I always assumed that the three of them – Max, Lilo and Netta – all lived in the Hampstead flat, and on the few occasions when Netta took me to St John’s Wood, I would ask why we were coming to this place and who lived there. It was very different from my grandparents’ home, which was in an ornate Edwardian apartment house buried among old trees, whereas Netta’s block had been built ultra-smart on a Berlin model in the thirties and had porters and central heating. Her flat was light and sparse, with her tubular furniture and her white bear rug and the large expressionist painting she had brought of a café scene featuring herself among friends – chic women and nervously intellectual men, whom I thought of as the inhabitants of this place. For Netta herself really belonged in the other household where she appeared to be in complete charge of all domestic arrangements. Had Lilo ceded this place to her over the years, or had Netta usurped it? Probably it had fallen to her lot by virtue of temperament – especially during the early years of their exile when they were aliens, refugees, with thick accents and no social circle. Only Netta knew how to cope; and when war broke out, it was she who sewed the blackout curtains for their flat as well as her own and stuck tape over the windows so that they would not splinter during an air attack. She always managed to get something extra on their ration cards, and in the winter she unfroze the pipes with hot-water bottles and managed to get a fire going with damp lumps of rationed coal. She found domestic help for them – another refugee, Mrs Lipchik from Aachen, who was still with them by the time I began to visit the household. Even so, Netta’s greatest contribution was not practical but what she did for their morale, or for Max’s morale: he was the pivot of everything that had meaning for them.

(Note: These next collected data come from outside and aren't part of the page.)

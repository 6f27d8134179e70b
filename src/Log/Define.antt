-- ===== src/Log/Define.antt =====
-- log.cpp: `LexicalCast` of `LogDefine`, to and from a YAML text. The YAML library's maps from
-- texts are an argument; what is printed on the console for a faulty appender is left out.
pub mod Reading
pub mod Whole
use fxk.Base.{
  ℕ, Bool, true, false, not, Option, none, some, List, [], ◌∷◌, ◌++◌, map, ◌==◌, if◌then◌else◌,
  Bytes, codes, bytes_eq, Result, ok, err, logic_error, ◌>>=◌, ◌≡◌,
}
use fxk.Config.Cast.{Yaml, LexicalCast}
use fxk.Log.Level.{to_string, from_string}
use fxk.Log.Listener.{LogAppenderDefine, LogDefine}

-- `n[key]`, `none` if it is not defined and an error for a node without keys, `n.as<std::string>()`, and the node of a text.
pub record YamlTexts (yaml : Yaml) : Type 0 where
  pub get : yaml.Node → Bytes → Result (Option yaml.Node)
  pub as_string : yaml.Node → Result Bytes
  pub scalar : Bytes → yaml.Node

abbrev pub name_key : Bytes
name_key = codes "name"

abbrev pub level_key : Bytes
level_key = codes "level"

abbrev pub appenders_key : Bytes
appenders_key = codes "appenders"

abbrev pub type_key : Bytes
type_key = codes "type"

abbrev pub file_key : Bytes
file_key = codes "file"

abbrev pub pattern_key : Bytes
pattern_key = codes "pattern"

abbrev pub file_type : Bytes
file_type = codes "FileLogAppender"

abbrev pub stdout_type : Bytes
stdout_type = codes "StdoutLogAppender"

module _ (yaml : Yaml) (texts : YamlTexts yaml) where
  open yaml use {Node, load, emit, sequence, elements, mapping}
  open texts use {get, as_string, scalar}

  -- The text under a key, or the empty one.
  abbrev pub text_or_empty : Option Node → Result Bytes
  text_or_empty none = ok []
  text_or_empty (some n) = as_string n

  abbrev pub file_appender : Node → Option Node → Result (Option LogAppenderDefine)
  file_appender a none = ok none
  file_appender a (some f) = do
    file ← as_string f
    p ← get a pattern_key
    pattern ← text_or_empty p
    ok (some (record { type = 1; pattern = pattern; file = file }))

  abbrev pub stdout_appender : Node → Result (Option LogAppenderDefine)
  stdout_appender a = do
    p ← get a pattern_key
    pattern ← text_or_empty p
    ok (some (record { type = 2; pattern = pattern; file = [] }))

  abbrev pub typed_appender : Node → Option Node → Result (Option LogAppenderDefine)
  typed_appender a none = ok none
  typed_appender a (some t) = do
    type ← as_string t
    if bytes_eq type file_type
        then (get a file_key >>= λ f. file_appender a f)
        else (if bytes_eq type stdout_type then stdout_appender a else ok none)

  -- One appender; `none` where the loop goes on without it.
  unfoldable pub read_appender : Node → Result (Option LogAppenderDefine)
  read_appender a = do t ← get a type_key; typed_appender a t

  abbrev pub push : List LogAppenderDefine → Option LogAppenderDefine → List LogAppenderDefine
  push l none = l
  push l (some a) = l ++ a ∷ []

  unfoldable pub read_appenders :
      List Node → List LogAppenderDefine → Result (List LogAppenderDefine)
  read_appenders [] l = ok l
  read_appenders (n ∷ nodes) l = do a ← read_appender n; read_appenders nodes (push l a)

  abbrev pub appenders_of : Option Node → Result (List LogAppenderDefine)
  appenders_of none = ok []
  appenders_of (some n) = read_appenders (elements n) []

  abbrev pub read_named : Node → Option Node → Result LogDefine
  read_named n none = err logic_error
  read_named n (some m) = do
    name ← as_string m
    l ← get n level_key
    level ← text_or_empty l
    nodes ← get n appenders_key
    appenders ← appenders_of nodes
    ok (record { name = name; level = from_string level; appenders = appenders })

  unfoldable pub read_define : Bytes → Result LogDefine
  read_define v = do n ← load v; name ← get n name_key; read_named n name

  abbrev pub pattern_pairs : Bytes → List (Bytes × Node)
  pattern_pairs [] = []
  pattern_pairs (c ∷ l) = (pattern_key, scalar (c ∷ l)) ∷ []

  abbrev pub type_pairs : LogAppenderDefine → List (Bytes × Node)
  type_pairs a =
      if a.type == 1
      then (type_key, scalar file_type) ∷ (file_key, scalar a.file) ∷ []
      else (if a.type == 2 then (type_key, scalar stdout_type) ∷ [] else [])

  unfoldable pub appender_node : LogAppenderDefine → Node
  appender_node a = mapping (type_pairs a ++ pattern_pairs a.pattern)

  abbrev pub appender_pairs : List LogAppenderDefine → List (Bytes × Node)
  appender_pairs [] = []
  appender_pairs (a ∷ l) = (appenders_key, sequence (map appender_node (a ∷ l))) ∷ []

  unfoldable pub write_define : LogDefine → Bytes
  write_define i = emit (
      mapping (
        (name_key, scalar i.name)
        ∷ (level_key, scalar (to_string i.level))
        ∷ appender_pairs i.appenders))

  unfoldable pub define_cast : LexicalCast LogDefine
  define_cast = record { from_str = read_define; to_str = λ i. ok (write_define i) }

These must have been difficult years for Max – exiled not only from his country but also from his language, his readers, his reputation. Netta created the conditions that allowed him to write new books. She had furnished his study at the end of the passage; it was his own furniture that they had brought with them, his desk and glass-fronted bookcases and the little round smoking table with leather armchair. Even I, when I was no more than three years old, knew that I could only tiptoe down the passage, preferably with my finger laid on my lips (Netta showed me how). No one was allowed to enter the study except herself twice a day, once with his morning coffee and digestive biscuits, and again in the afternoon with coffee and doughnut. When the telephone rang, it had to be answered swiftly and in hushed tones; if he himself stuck his head out to ask who was calling, she quickly assured him that it was nothing that need bother him. Lunch, starting with a good soup, was served exactly at one – only then was Mrs Lipchik permitted to ply her noisy vacuum cleaner – and if, hungry or frustrated, he appeared before that time, Netta sent him back again. All this would come to fruition in the evenings when they would gather in the sitting-room. This too was full of their German furniture, of light-coloured wood and, though modern, more solid and conventional than Netta’s, with woodcuts (I particularly remember a medieval danse macabre) and Daumier cartoons on the walls. While Max read his day’s work to them, Netta was totally rapt, though engaged in sewing, or darning his socks; sometimes she would make him repeat a phrase and then repeat it herself and become more rapt. Lilo didn’t sew; she said her eyes weren’t good enough. Sometimes, sated with Netta’s comments, he might look for some response from Lilo, but she either gave none or said something irrelevant like, ‘Maxi, I think your hair’s going.’ At once his hand flew to his brow – it was true, it was getting more and more noble, nobly arched – and Netta said quickly, ‘What nonsense, nothing of the sort.’ ‘All right, don’t believe me,’ said Lilo, shrugging, knowing better.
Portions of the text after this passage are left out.